Data to examine START

-- ===== src/Cache/Middleware/Single.antt =====
-- internal/cache/middleware.go: a single lookup, and a write, touch the cache under the keys of the
-- request's merchant only.
use smart_proxy.Cache.Batch.Elements.{parse_batch_response_elements}
use smart_proxy.Cache.Batch.{
  BatchEndpointConfig, BatchBodyFormat, lookup_batch_config, batch_format_wrapped,
  batch_format_bare,
}
use mathlib.Core.List.{Memᴰ}
use smart_proxy.Base.{
  ℕ, ◌≡◌, refl, inl, inr, Bool, true, false, ◌||◌, [], ◌∷◌, ◌++◌, if◌then◌else◌, ◌==◌, nat_eq,
  text_eq, Bool-cases, Option-cases, ◌⊎◌, List, some, ◌≤◌, ◌<◌,
}
use smart_proxy.Base.Text.{Text, text}
use smart_proxy.Cache.Http.{HttpRequest, CacheConfig, Outside, JsonCodec}
use smart_proxy.Cache.Memory.{MemoryCache, CachedResponse, get}
use smart_proxy.Cache.Invalidation.{
  invalidate_on_mutation, invalidate_batch_listing_offers, listing_sku,
}
use smart_proxy.Cache.Tiers.{TierConfig}
use smart_proxy.Cache.Serve.{serve_key, record_and_cache, is_success}
use smart_proxy.Cache.Middleware.Own.{Own, untouched, looked, stored, dropped}

-- An element of a batch that reports a success of its own: in the wrapped format a status code from
-- 200 to 299, in the bare one the status Success.
pub data Succeeds (json : JsonCodec) : BatchBodyFormat → Text → Type 0 where
  by_code :
      {elem : Text} (code : ℕ)
      → json.decode_status_code elem ≡ some code
      → 200 ≤ code
      → code < 300
      → Succeeds json batch_format_wrapped elem
  by_status :
      {elem : Text}
      → json.decode_status elem ≡ some (text "Success")
      → Succeeds json batch_format_bare elem

-- The response is the whole of the next handler's answer.
abbrev pub IsAnswer : Outside → HttpRequest → CachedResponse → Type 0
IsAnswer out r resp =
    (resp.status_code ≡ (out.next [] r).status_code)
    × (resp.headers ≡ (out.next [] r).headers)
    × (resp.body ≡ (out.next [] r).body)

-- The response is one of the elements of the next handler's answer to a batch, which reports a
-- success of its own.
pub record IsElement (out : Outside) (r : HttpRequest) (resp : CachedResponse) : Type 0 where
  pub bcfg : BatchEndpointConfig
  pub elements : List Text
  pub element : Text
  pub batch : lookup_batch_config r.path ≡ some bcfg
  pub parsed : parse_batch_response_elements out.json (out.next [] r).body bcfg ≡ some elements
  pub member : Memᴰ element elements
  pub succeeds : Succeeds out.json bcfg.format element
  pub encoded : out.json.encode_raw element ≡ some resp.body

-- What a request may leave in the cache: a response of status 2xx, recorded now, with its id, and
-- only where the next handler answers it with a status 2xx. It is that answer, or an element of it.
abbrev pub Recorded : Outside → HttpRequest → ℕ → CachedResponse → Type 0
Recorded out r later resp =
    (is_success (out.next [] r).status_code ≡ true)
    × (is_success resp.status_code ≡ true)
    × (resp.source_request_id ≡ r.request_id)
    × (resp.cached_at ≡ later)
    × (IsAnswer out r resp ⊎ IsElement out r resp)

pub if_rule {ℓ κ} :
    {A : Type ℓ} (P : A → Type κ) {x y : A} (b : Bool) → P x → P y → P (if b then x else y)
if_rule P true p q = p
if_rule P false p q = q

-- what a request does under its merchant's keys
abbrev pub Mine : Outside → HttpRequest → ℕ → MemoryCache → MemoryCache → Type 0
Mine out r later mc = Own r.merchant_key (Recorded out r later) mc

module _ (out : Outside) (r : HttpRequest) (later : ℕ) (mc : MemoryCache) where
  pub invalidate_on_mutation-Own :
      Mine out r later mc (invalidate_on_mutation mc r.merchant_key r.method r.path)
  unfolding invalidate_on_mutation invalidate_batch_listing_offers
  invalidate_on_mutation-Own = elim (Bool-cases (r.method == text "GET")) [
    | inl e ↦ simp (e, invalidate_on_mutation) untouched
    | inr e ↦ elim (Bool-cases (r.method == text "PUT" || r.method == text "PATCH")) [
      | inr f ↦ simp (e, f, invalidate_on_mutation) (dropped _ untouched)
      | inl f ↦ elim (Option-cases (listing_sku r.path)) [
        | inl g ↦ simp (e, f, g, invalidate_on_mutation) (dropped _ untouched)
        | inr (sku, g) ↦ simp (e, f, g, invalidate_on_mutation) (dropped _ (dropped _ untouched))
      ]
    ]
  ]

  record_and_cache-Own :
      {c : MemoryCache} (rest : Text) (tier : TierConfig) (cfg : CacheConfig)
      → Mine out r later mc c
      → Mine out r later mc
          (record_and_cache out c (r.merchant_key ++ b':' ∷ rest) r tier cfg later).cache
  unfolding record_and_cache
  record_and_cache-Own rest tier cfg o =
      elim (Bool-cases (is_success (out.next [] r).status_code)) [
        | inl e ↦
            simp (e, record_and_cache)
              (stored rest _ _ later (e, e, refl, refl, inl (refl, refl, refl)) o)
        | inr e ↦ simp (e, record_and_cache) o
      ]

  pub serve_key-Own :
      (rest : Text) (tier : TierConfig) (cfg : CacheConfig) (now : ℕ)
      → Mine out r later mc
          (serve_key out mc (r.merchant_key ++ b':' ∷ rest) r tier cfg now later).cache
  unfolding serve_key
  serve_key-Own rest tier cfg now =
      let key = r.merchant_key ++ b':' ∷ rest in
      let o : Mine out r later mc (get mc key now).0 = looked rest now untouched in
      elim (Option-cases (get mc key now).1) [
        | inl e ↦ simp (e, serve_key) (record_and_cache-Own rest tier cfg o)
        | inr (cached, e) ↦ simp (e, serve_key) o
      ]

Data to examine END

Go through the material above, find each line with the string "else", and copy it.

  ℕ, ◌≡◌, refl, inl, inr, Bool, true, false, ◌||◌, [], ◌∷◌, ◌++◌, if◌then◌else◌, ◌==◌, nat_eq,
    {A : Type ℓ} (P : A → Type κ) {x y : A} (b : Bool) → P x → P y → P (if b then x else y)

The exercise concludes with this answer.